In March 2022, Isaiah and Morgan received support to travel to Austin from the School of Mechanical EngineeringJohn Martinson Entrepreneurial Center, College of Engineering, and Burton D. Morgan Center for Entrepreneurship. Both had a chance to pitch their respective apps to a room full of investors and entrepreneurs.

That was the biggest learning experience for me,” he says. “They are asking important questions like, ‘What is the problem you are solving?’ ‘What is the value that your product brings to customers?’ ‘How do you know this is going to work?’ That’s really where Umerge was born.”

Umerge is an online platform where students anonymously input their interests, their passions, their goals, and what they are specifically looking to gain out of their college experience. Using artificial intelligence and machine learning, Umerge delivers a path of real-world activities, events, and organizations on-campus that offer students the best tools, skills, and resources to accomplish their goals. It also benefits the University, offering them a closer insight into what students are really looking for in their college experience.

Isaiah is now recruiting a team to fully develop Umerge, including co-founder Sola Akerele and software engineer Drew Wiegel. “We see the technical obstacles in our way, and we’re now working to developing a minimum viable product, and guaranteeing that it works 100% of the time,” he says. “I’m really excited about the next steps, and seeing the results.”
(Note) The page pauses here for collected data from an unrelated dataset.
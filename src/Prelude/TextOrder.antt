-- ===== src/Prelude/TextOrder.antt =====
-- Python's order of two `str`: by their first code points that differ, and a prefix comes first.
use Prim.Native.Nat.{ℕ}
use Prim.Native.Char.{code}
use Prim.Native.String.{String, [] as empty, ◌∷◌ as ◌◁◌}
use mathlib.Core.Path.{◌≡◌, refl}
use mathlib.Core.Logic.{◌⊎◌, inl, inr}
use mathlib.Core.Bool.{Bool, true, false}
use native.Mathlib.Omega.{arith}
use buddy2api.Prelude.Tests.{ltb, ◌==◌, if◌then◌else◌}
use buddy2api.Prelude.Order.{Order}

abbrev by_code : ℕ → ℕ → Bool → Bool
by_code a b rest = if a == b then rest else ltb a b

by_code_total :
    (a b : ℕ) (x y : Bool)
    → (x ≡ true) ⊎ (y ≡ true)
    → (by_code a b x ≡ true) ⊎ (by_code b a y ≡ true)
by_code_total a b x y h = ground arith

by_code_trans :
    (a b c : ℕ) (x y z : Bool)
    → (x ≡ true → y ≡ true → z ≡ true)
    → by_code a b x ≡ true
    → by_code b c y ≡ true
    → by_code a c z ≡ true
by_code_trans a b c x y z rest h k = ground arith

abbrev pub text_leq : String → String → Bool
text_leq empty t = true
text_leq (c ◁ s) empty = false
text_leq (c ◁ s) (d ◁ t) = by_code (code c) (code d) (text_leq s t)

pub text_leq_total : (s t : String) → (text_leq s t ≡ true) ⊎ (text_leq t s ≡ true)
text_leq_total empty t = inl refl
text_leq_total (c ◁ s) empty = inr refl
text_leq_total (c ◁ s) (d ◁ t) =
    by_code_total (code c) (code d) (text_leq s t) (text_leq t s) (text_leq_total s t)

pub text_leq_trans :
    (s t u : String) → text_leq s t ≡ true → text_leq t u ≡ true → text_leq s u ≡ true
text_leq_trans empty t u h k = refl
text_leq_trans (c ◁ s) empty u h k = ground arith
text_leq_trans (c ◁ s) (d ◁ t) empty h k = ground arith
text_leq_trans (c ◁ s) (d ◁ t) (e ◁ u) h k =
    by_code_trans (code c) (code d) (code e) (text_leq s t) (text_leq t u) (text_leq s u)
      (text_leq_trans s t u) h k

abbrev pub text_order : Order String
text_order = record { leq = text_leq; total = text_leq_total; trans = text_leq_trans }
As a business minor, Isaiah sees business and engineering as perfect partners that belong together. “Engineering without business is just products,” he says. “Business without engineering is just value. If you put them together, and have a product that provides value, you win!”

Sola Akerele and Isaiah Baptiste, co-founders of Umerge, with Purdue president Mitch Daniels. Umerge hopes to solve an issue Isaiah faced in his own college experience: determining which clubs, activities, and organizations would best serve his goals.

Putting it all together

As a senior, Isaiah is fully engaged in his senior design capstone project, a shockwave simulator for Zucrow Labs. “I absolutely love Senior Design,” he says. “It’s the one time when you get to put together all the knowledge you’ve learned in all your classes up to this point, and really get creative with it and bring something to fruition. That project you’ve been wanting to tackle? Here’s your chance to put together a team and go for it. It’s a chance to both go deep and go broad.”
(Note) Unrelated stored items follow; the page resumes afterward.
-- ===== src/ToolHistory.antt =====
-- providers/tool_history.py: tool results are put behind the assistant message that asked for them.
-- Python's `json.dumps`, `str` of a list or an object, and `str` of a number are arguments.
pub mod Count
pub mod Aligned
mod Tests
use Prim.Native.String.{[] as empty, ◌∷◌ as ◌◁◌, ◌++◌ as ◌+++◌}
use buddy2api.Prelude.{
  ℕ, zero, suc, Bool, true, false, not, ◌&&◌, ◌||◌, Option, none, some, List, [], ◌∷◌, ◌++◌, map,
  String, str_eq, if◌then◌else◌,
}
use buddy2api.Prelude.Member.{keep}
use buddy2api.Prelude.Texts.{strip, is_empty, str_in}
use buddy2api.History.{
  Json, null, plain, str, arr, obj, Items, Fields, no_fields, field, get, to_list, of_list, is_text,
  is_truthy, first_of,
}
use buddy2api.ContextBudget.Rejection.{join_lines}

pub record Python : Type 0 where
  pub dumps : Json → String
  pub repr : Json → String
  pub show : ℕ → String

-- `d[key] = value`, `d.pop(key, None)` and `a or b`
abbrev pub put : String → Json → Fields → Fields
put key v no_fields = field key v no_fields
put key v (field k j fields) =
    if str_eq k key then field k v fields else field k j (put key v fields)

abbrev pub pop : String → Fields → Fields
pop key no_fields = no_fields
pop key (field k j fields) = if str_eq k key then fields else field k j (pop key fields)

abbrev pub truthy : Option Json → Option Json
truthy o = if is_truthy o then o else none

-- `str(value)`
abbrev pub str_of : Python → Json → String
str_of py (str s) = s
str_of py (plain s) = s
str_of py j = py.repr j

abbrev pub str_or : Python → Option Json → String → String
str_or py none s = s
str_or py (some j) s = str_of py j

abbrev pub part_of : Json → List String
part_of (str s) = s ∷ []
part_of (obj d) = elim (first_of (truthy (get "text" d)) (truthy (get "content" d))) [
  | none ↦ empty ∷ []
  | some j ↦ elim j [ str s ↦ s ∷ [] | _ ↦ [] ]
]
part_of _ = []

abbrev pub parts_of : List Json → List String
parts_of [] = []
parts_of (j ∷ js) = part_of j ++ parts_of js

-- `_text`
unfoldable pub text : Python → Option Json → String
unfolding join_lines strip
text py none = empty
text py (some null) = empty
text py (some (str s)) = s
text py (some (arr items)) =
    strip (join_lines (keep (λ s. not (is_empty s)) (parts_of (to_list items))))
text py (some j) = str_of py j

abbrev pub list_of : Option Json → Option (List Json)
list_of (some (arr items)) = some (to_list items)
list_of _ = none

abbrev pub objects : List Json → List Fields
objects [] = []
objects (obj d ∷ js) = d ∷ objects js
objects (_ ∷ js) = objects js

abbrev pub or_none : Option (List Json) → List Json
or_none none = []
or_none (some js) = js

-- `_raw_calls`
abbrev pub raw_calls : Fields → List Fields
raw_calls message =
    objects
      (or_none (first_of (list_of (get "tool_calls" message)) (list_of (get "toolCalls" message))))

abbrev pub object_of : Option Json → Fields
object_of (some (obj d)) = d
object_of _ = no_fields

abbrev pub arguments_text : Python → Json → String
arguments_text py (str s) = s
arguments_text py null = py.dumps (obj no_fields)
arguments_text py j = py.dumps j

abbrev pub or_braces : String → String
or_braces s = if is_empty s then "{}" else s

abbrev pub given : Option Json → Json
given none = obj no_fields
given (some j) = j

abbrev pub call_id : Python → Fields → ℕ → String
call_id py call index = str_or py (truthy (get "id" call)) ("call_" +++ py.show index)

-- `_normalize_call`
abbrev pub normalize_call : Python → Fields → ℕ → Fields
normalize_call py call index =
    let function = object_of (get "function" call) in
    let name =
      str_or py (first_of (truthy (get "name" function)) (truthy (get "name" call))) empty in
    let arguments =
      given (
        first_of (get "arguments" function) (first_of (get "arguments" call) (get "input" call))) in
    field "id" (str (call_id py call index)) (
      field "type" (str "function") (
        field "function"
          (obj (
            field "name" (str name)
              (field "arguments" (str (or_braces (arguments_text py arguments))) no_fields)))
          no_fields))

abbrev pub ids_of : Python → List Fields → List String
ids_of py [] = []
ids_of py (call ∷ calls) = elim (truthy (get "id" call)) [
  | none ↦ ids_of py calls
  | some j ↦ str_of py j ∷ ids_of py calls
]

-- `_call_ids` and `_tool_id`
abbrev pub call_ids : Python → Fields → List String
call_ids py message = ids_of py (raw_calls message)

abbrev pub tool_id : Python → Fields → String
tool_id py message =
    str_or py (first_of (truthy (get "tool_call_id" message)) (truthy (get "toolCallId" message)))
      empty

-- `_as_user_note`
abbrev pub note_name : Python → Fields → String
note_name py message =
    let id = tool_id py message in
    str_or py (truthy (get "name" message)) (if is_empty id then "tool" else id)

unfoldable pub as_user_note : Python → Fields → Fields
unfolding text strip
as_user_note py message =
    let line =
      "[工具结果 " +++ (note_name py message +++ ("]\n" +++ text py (get "content" message))) in
    field "role" (str "user") (field "content" (str (strip line)) no_fields)

abbrev pub number_calls : Python → ℕ → List Fields → List Fields
number_calls py index [] = []
number_calls py index (call ∷ calls) =
    normalize_call py call index ∷ number_calls py (suc index) calls

abbrev pub id_in : List String → Fields → Bool
id_in ids call = elim (get "id" call) [
  | none ↦ false
  | some j ↦ elim j [ str s ↦ str_in s ids | _ ↦ false ]
]

abbrev pub surviving : Python → Fields → List Fields → List Fields
surviving py message matches =
    keep (id_in (map (tool_id py) matches)) (number_calls py 0 (raw_calls message))

abbrev pub or_space : String → String
or_space s = if is_empty s then " " else s

unfoldable pub tool_message : Python → Fields → Fields
unfolding text
tool_message py message = field "role" (str "tool") (
    field "tool_call_id" (str (tool_id py message))
      (field "content" (str (text py (get "content" message))) no_fields))

abbrev pub calls_json : List Fields → Json
calls_json calls = arr (of_list (map (λ c. obj c) calls))

abbrev pub content_of : Python → Fields → Json
content_of py message = str (or_space (strip (text py (get "content" message))))

abbrev pub with_calls : Python → Fields → List Fields → Fields
with_calls py message calls =
    put "tool_calls" (calls_json calls)
      (put "content" (content_of py message) (pop "toolCalls" message))

abbrev pub emit_calls : Python → Fields → List Fields → List Fields → List Fields
emit_calls py message matches [] =
    pop "tool_calls" (pop "toolCalls" message) ∷ map (as_user_note py) matches
emit_calls py message matches calls = with_calls py message calls ∷ map (tool_message py) matches

-- What one assistant message with calls becomes, with its results and the messages between.
unfoldable pub emit_group : Python → Fields → List Fields → List Fields → List Fields
unfolding as_user_note tool_message text strip
emit_group py message matches between =
    emit_calls py message matches (surviving py message matches) ++ between

abbrev pub is_caller : Python → Fields → Bool
is_caller py message =
    is_text (get "role" message) "assistant"
    && (elim (call_ids py message) [ [] ↦ false | id ∷ ids ↦ true ])

abbrev pub is_tool : Fields → Bool
is_tool message = is_text (get "role" message) "tool"

abbrev pub plain_message : Python → Fields → Fields
plain_message py message = if is_tool message then as_user_note py message else message

-- The loops of `repair_openai_tool_history`: outside of a call, or behind an assistant message with its results and the messages between so far.
pub data Mode : Type 0 where
  outside : Mode
  behind : Fields → List Fields → List Fields → Mode

unfoldable pub close_mode : Python → Mode → List Fields
unfolding emit_group
close_mode py outside = []
close_mode py (behind message matches between) = emit_group py message matches between

abbrev pub advance : Python → Fields → Mode → List Fields × Mode
advance py next outside = (plain_message py next ∷ [], outside)
advance py next (behind message matches between) =
    if is_tool next && str_in (tool_id py next) (call_ids py message)
    then ([], behind message (matches ++ next ∷ []) between)
    else ([], behind message matches (between ++ plain_message py next ∷ []))

abbrev pub take_next : Python → Fields → Mode → List Fields × Mode
take_next py next mode =
    if is_caller py next then (close_mode py mode, behind next [] []) else advance py next mode

unfoldable pub repair_from : Python → Mode → List Fields → List Fields
unfolding close_mode as_user_note
repair_from py mode [] = close_mode py mode
repair_from py mode (next ∷ source) =
    let (out, after) = take_next py next mode in out ++ repair_from py after source

unfoldable pub repair_openai_tool_history : Python → List Json → List Fields
unfolding repair_from
repair_openai_tool_history py messages = repair_from py outside (objects messages)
As he looks back on his Purdue experience, Isaiah has some advice for young people considering engineering: “If you’re in high school and you don’t know exactly what you want to do, that is absolutely OK. But you should have a baseline of where your passions are, and what you enjoy doing. When you get to college, try new things and meet new people, and try to learn something from every experience. For me, engineering was an amazing field to do this. I see engineering in everything, from the chairs we sit in to the cars we drive – and I want to be a part of that.”

He continues: “There are three main things I’ve learned at Purdue. First, you need to find the right people to be around you. Second, never be afraid to ask questions. As engineers, we’re tempted to try to solve problems on our own; but by asking questions, we can get to solutions a lot more quickly, which is a very useful skill in the real world. And finally: just do it. Purdue has that culture embedded in me, that if you have an idea or a passion, you can do it. Even if it doesn’t work, you can learn from it to do the next thing!”

According to Isaiah, engineering and business are meant to work together: "If you have a product that provides value, you win!"